Ok, I've managed to reproduce and understand the issue today. What is happening, is that the machine is created, and is coming online. When it comes online, the CCM initializes it and sets the IP addresses on the host. You can see in the logs of the WMCO attached, that it is observing the IP address on the Node, {"level":"info","ts":1657691294.7190697,"logger":"controller.windowsmachine","msg":"processing","windowsmachine":"openshift-machine-api/winworker-lms4l","address":"172.31.249.231"} {"level":"info","ts":1657691325.7952998,"logger":"wc 172.31.249.231","msg":"configuring"} However, shortly after this, the CCM removes the IP addresses from the Node, which then leads to the WMCO reporting issues again. Eventually the Kubelet stops reporting status and the node goes into an unready state. I found https://github.com/kubernetes/cloud-provider-vsphere/issues/576 upstream which explains the issue, and was fixed in https://github.com/kubernetes/cloud-provider-vsphere/pull/585 We don't have this fix in our 4.10 branch, but we do have it in 4.11 and 4.12 which explains why CI on the newer versions is passing.
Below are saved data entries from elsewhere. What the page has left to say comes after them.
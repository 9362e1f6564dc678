-- ===== src/Crd/Plugin/Running.antt =====
-- When the controller of the CRD runs, and what it reads and writes.
use cnf_nsm.Common.{◌≡◌, ◌≢◌, refl, ◌∙◌, [], List, some, none, Bytes, ℕ}
use cnf_nsm.Crd.Client.{ListOptions, resource_name}
use cnf_nsm.Crd.Client.Config.{scheme_group_version}
use cnf_nsm.Informers.Configurations.{ListWatch, CacheLibrary, tweaked}
use cnf_nsm.Informers.Scoped.{shared-list}
use cnf_nsm.Crd.Controller.{
  Clients, v1_client, CrdController, new_controller, cnf_configuration_spec,
}
use cnf_nsm.Crd.Plugin.{InitEnv, Plugin, init}
use cnf_nsm.Crd.Plugin.Wired.{Life, Life-IsWired}

module _ {Q L W D A I G : Type 0} (cache : CacheLibrary W I G) (validation : Bytes)
    (list_watch_of : I → ListWatch W)
    (reads : (lw : ListWatch W) (type : Bytes) (resync : ℕ) (indexers : List Bytes)
      → list_watch_of (cache.new_shared_index_informer lw type resync indexers) ≡ lw) where
  -- The controller of the CRD runs only if `Init` has returned no error, and then the plugin has its
  -- clients and a controller, which was made of them. The controller and the reflector in it share one
  -- informer, which lists what the client of the CRD lists in all namespaces; the handler publishes
  -- through the same clients; and the CRD is of the group, the version and the plural that the client
  -- asks for. So it is after `Init` of a plugin that has no callback and runs nothing, and any
  -- connections of etcd and calls of `Close`. An informer lists by the functions that it is made with.
  pub running_lem :
      (env : InitEnv Q L W D A) (p q : Plugin W D A I) (options : ListOptions) (w : W)
      → p.callbacks ≡ 0
      → p.running ≡ 0
      → Life cache validation env p q
      → q.running ≢ 0
      → ((init env p).0 ≡ none)
        × (c : Clients W D) × (controller : CrdController W D A I) × (q.crd_client ≡ some c)
        × (q.cnf_config_controller ≡ some controller)
        × (controller.event_handler.informer ≡ controller.informer)
        × ((list_watch_of controller.informer).list_func options w
            ≡ ((v1_client c).cnf_configurations []).list options w)
        × (controller.event_handler.handler.crd_client ≡ some c)
        × ((controller.spec.group, controller.spec.version) ≡ scheme_group_version)
        × (controller.spec.plural ≡ resource_name)
  unfolding new_controller cnf_configuration_spec tweaked
  running_lem env p q options w none_called none_runs life runs =
      let wired = Life-IsWired cache validation env p none_called none_runs life in
      let (called, r) = wired.started runs in
      let m = r.made in
      (
        (wired.called called).0,
        r.ready.c,
        r.controller,
        r.ready.crd_client,
        r.cnf_config_controller,
        rw m.made refl,
        rw m.made (
            (shared-list cache list_watch_of reads m.factory options w m.its.used).0
            ∙ rw (m.its.client, m.its.namespace, m.its.tweak) refl),
        rw m.made refl,
        rw m.made refl,
        rw m.made refl,
      )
I will look to backport the fix to 4.10 to resolve this bug.
Thanks for the clear explanation, this explains why it was only being observed in 4.10. I was trying to rerun the job in AWS with CCM enabled to remove vSphere out of the equation (I have also observed some issues with the InternalIP missing from the machine, but being there present in the node, although I think this has something to do with the golden image being used), but seeing that you have already narrowed down the issue I will stop the deployment.
Verfied, tested 3 times for clusterversion 4.10.0-0.ci-2022-11-14-173021, all success.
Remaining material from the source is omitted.